Trick or Treat: Keeping Halloween Costumes Safe

November 11, 2019 Halloween costumes can be delightfully fun or fantastically frightening, but don't forget to keep safety in mind. From masks obscuring your vision to capes that are too long, there are some common Halloween costumes hazards to avoid. Whether you're buying your getup at the store or putting it together at home, consider these six… Allstate https://www.allstate.com/blog/wp-content/uploads/2019/10/cropped-Trick-or-treaters-and-woman_Getty_resized-1.jpg
Kids Trick or Treating
USA, New York State

Halloween costumes can be delightfully fun or fantastically frightening, but don’t forget to keep safety in mind. From masks obscuring your vision to capes that are too long, there are some common Halloween costumes hazards to avoid.

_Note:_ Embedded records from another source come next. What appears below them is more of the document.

-- ===== src/Tfs/Durable.antt =====
-- fs/tablefs.cpp: what is in the table after Release.
use tablefs.Base.{
  ℕ, ◌+◌, ◌-◌, ◌<◌, ◌≤◌, ◌≡◌, refl, sym, ap, ◌∙◌, true, none, some, List, arith, nat_beq,
  if◌then◌else◌, ◌==◌, length,
}
use mathlib.Core.Path.{subst}
use tablefs.Base.Int.{pos}
use tablefs.Key.{MetaKey, key_eq}
use tablefs.Value.{InodeValue, update_ihandle_value, update_attribute}
use tablefs.Adaptor
use tablefs.Adaptor.Table.{get-put}
use tablefs.Platform.{Platform, Ptr, DbLaws}
use tablefs.Platform.Caching.{CacheLaws}
use tablefs.Icache.{InodeCache, InodeCacheHandle, Mode, handle_at, set_handle}
use tablefs.Icache.Heap.{handle_at-set_handle}
use tablefs.Icache.Sound.{IsSound, set_handle-IsSound, IsReplaced-IsSound}
use tablefs.Icache.Operations.{evict_lem}
use tablefs.Icache.Dropping.{DropLaws, evict-IsStill}
use tablefs.Icache.Durable.{write_back-IsStored}
use tablefs.Tfs.{TableFs}
use tablefs.Tfs.Content.{FileHandle, write_file}
use tablefs.Tfs.Closing.{release_file, close_descriptor, touch}
use tablefs.Tfs.Inline.{IsInline, write_file-IsInline}

-- The value that Release stores.
abbrev pub touched : ℕ → InodeValue → InodeValue
touched now v = update_attribute (record (v.header.fstat) { st_atim = now; st_mtim = now }) v

touched-IsInline :
    {threshold : ℕ} {name content : List ℕ} (now : ℕ) (v : InodeValue)
    → IsInline threshold v name content
    → IsInline threshold (touched now v) name content
unfolding update_attribute
touched-IsInline now v i = record {
  laid = record { bytes = i.laid.bytes; named = i.laid.named };
  no_blob = i.no_blob;
  sized = i.sized;
  small = i.small;
}

module _ {P : Platform} (laws : CacheLaws P) (drops : DropLaws laws) (db_laws : DbLaws P) where
  open laws use {held, bound}

  -- The handle is the only one that the cache has for its key.
  abbrev pub IsTheEntry : Ptr → MetaKey → InodeCache P → Type 0
  IsTheEntry p key c = (q : Ptr) → bound key c.cache ≡ some q → q ≡ p

  pub release_file-stored :
      (fh : FileHandle) (s : TableFs P) (h : InodeCacheHandle P) (j : MetaKey)
      → IsSound laws s.inode_cache
      → 0 < held fh.handle_ s.inode_cache.cache
      → handle_at P fh.handle_ s.inode_cache ≡ some h
      → h.mode_ ≡ Mode.inode_write
      → fh.fd_ ≡ none
      → IsTheEntry fh.handle_ h.key_ s.inode_cache
      → (Adaptor.put P s.inode_cache.clock h.key_
          (touched s.inode_cache.clock h.value_)
          s.inode_cache.metadb_).0
        ≡ true
      → (t : TableFs P) × (release_file P fh s ≡ some (pos 0, t))
        × IsSound laws t.inode_cache
        × ((q : Ptr)
            → held q t.inode_cache.cache ≡ (
                if nat_beq q fh.handle_
                then held q s.inode_cache.cache - 1
                else held q s.inode_cache.cache))
        × (Adaptor.get P j t.inode_cache.metadb_ ≡ (
            if h.key_ == j
            then some (touched s.inode_cache.clock h.value_)
            else Adaptor.get P j s.inode_cache.metadb_))
  unfolding release_file close_descriptor touch set_handle
  release_file-stored fh s h j v more here mode closed only ok =
      let p = fh.handle_ in
      let c = s.inode_cache in
      let h1 = record h { value_ = touched c.clock h.value_ } in
      let c1 = set_handle P p h1 c in
      let here1 : handle_at P p c1 ≡ some h1 = ground (arith, handle_at-set_handle p p h1 c) in
      let v1 = set_handle-IsSound laws c p h h1 v here refl refl in
      let (d, st) = write_back-IsStored laws drops p h1 c1 v1 more here1 mode in
      let clean : (q : Ptr) (g : InodeCacheHandle P)
          → bound h.key_ d.cache ≡ some q
          → handle_at P q d ≡ some g
          → g.mode_ ≡ Mode.inode_read =
        λ q g b found.
          st.clean g (
            sym (ap (λ (o : Ptr). handle_at P o d) (only q (st.still_bound h.key_ q b))) ∙ found) in
      let (e, ran, kept) = evict_lem laws h.key_ d st.sound in
      let still = evict-IsStill laws drops h.key_ d e clean ran in
      (
        record s { inode_cache = e },
        ground (arith, here, mode, closed, st.writes, st.clean_there, st.releases, ran),
        kept.sound,
        λ q. kept.same_held q ∙ st.now_held q,
        ap (Adaptor.get P j) (still.same_table ∙ st.table)
            ∙ get-put db_laws c.metadb_ c.clock h.key_ j h1.value_ ok,
      )

  -- A write within the threshold through a handle that the client holds, and that is the entry of
  -- its key, to a file in the table with no file open on the disk, and then Release, where Put
  -- returns 0 for values with the name and the new data: both return, and the
  -- table has a value under the key of the file, with its name, whose data is the old one with the
  -- buffer in its place. The inode cache stays sound.
  pub release_file-write_file :
      {name content : List ℕ} (at flags : ℕ) (buf : List ℕ) (fh : FileHandle) (s : TableFs P)
      (h : InodeCacheHandle P)
      → IsSound laws s.inode_cache
      → 0 < held fh.handle_ s.inode_cache.cache
      → handle_at P fh.handle_ s.inode_cache ≡ some h
      → fh.fd_ ≡ none
      → IsTheEntry fh.handle_ h.key_ s.inode_cache
      → IsInline s.state_.threshold_ h.value_ name content
      → at + length buf ≤ s.state_.threshold_
      → ((v : InodeValue)
          → IsInline s.state_.threshold_ v name (update_ihandle_value at buf content)
          → (Adaptor.put P s.inode_cache.clock h.key_ v s.inode_cache.metadb_).0 ≡ true)
      → (t : TableFs P) × (u : TableFs P) × (v : InodeValue) × (write_file P buf at flags fh s
          ≡ some (pos (length buf), fh, t))
        × (release_file P fh t ≡ some (pos 0, u))
        × IsSound laws u.inode_cache
        × (Adaptor.get P h.key_ u.inode_cache.metadb_ ≡ some v)
        × IsInline s.state_.threshold_ v name (update_ihandle_value at buf content)
  release_file-write_file {name} {content} at flags buf fh s h v more here closed only i fits ok =
      let p = fh.handle_ in
      let (t, h', wrote, same, here', mode, good, same_key, same_pointer, set) =
        write_file-IsInline at flags buf fh s h here i fits in
      let sound =
        IsReplaced-IsSound laws p h h' s.inode_cache t.inode_cache v here same_pointer same_key
          set in
      let more' : 0 < held p t.inode_cache.cache =
        subst (λ (c : Platform.Cache P). 0 < held p c) (sym set.same_cache) more in
      let now = t.inode_cache.clock in
      let only' : IsTheEntry p h'.key_ t.inode_cache = λ q b. only q (
        sym (
          ap (λ (k : MetaKey). bound k t.inode_cache.cache) same_key
          ∙ ap (bound h.key_) set.same_cache)
        ∙ b) in
      let ok' : (Adaptor.put P now h'.key_ (touched now h'.value_) t.inode_cache.metadb_).0 ≡ true =
        ground (
          arith,
          ok (touched s.inode_cache.clock h'.value_)
              (touched-IsInline s.inode_cache.clock h'.value_ good),
          set.same_clock,
          same_key,
          set.same_table,
        ) in
      let (u, released, sound', count, table) =
        release_file-stored fh t h' h'.key_ sound more' here' mode closed only' ok' in
      (
        t,
        u,
        touched now h'.value_,
        wrote,
        released,
        sound',
        ground (arith, table, same_key, key_eq.beq_iff h'.key_ h'.key_),
        touched-IsInline now h'.value_ good,
      )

Whether you’re buying your getup at the store or putting it together at home, consider these six Halloween costume safety tips:

1. Size Costumes Correctly

Make sure costumes are the right size to help avoid tripping or falling, says Safe Kids Worldwide. It can be easy to trip on a costume, especially during the excitement of trick-or-treating and going up front steps. Be sure that the bottom of costumes (pants, skirts, etc.) and capes stop several inches from the ground when your child is standing. When in doubt, hem up costumes by an extra inch or two.

It’s also a good idea to wear sturdy shoes that fit well, says the Consumer Product Safety Commission (CPSC). Avoid oversize shoes to help prevent a fall.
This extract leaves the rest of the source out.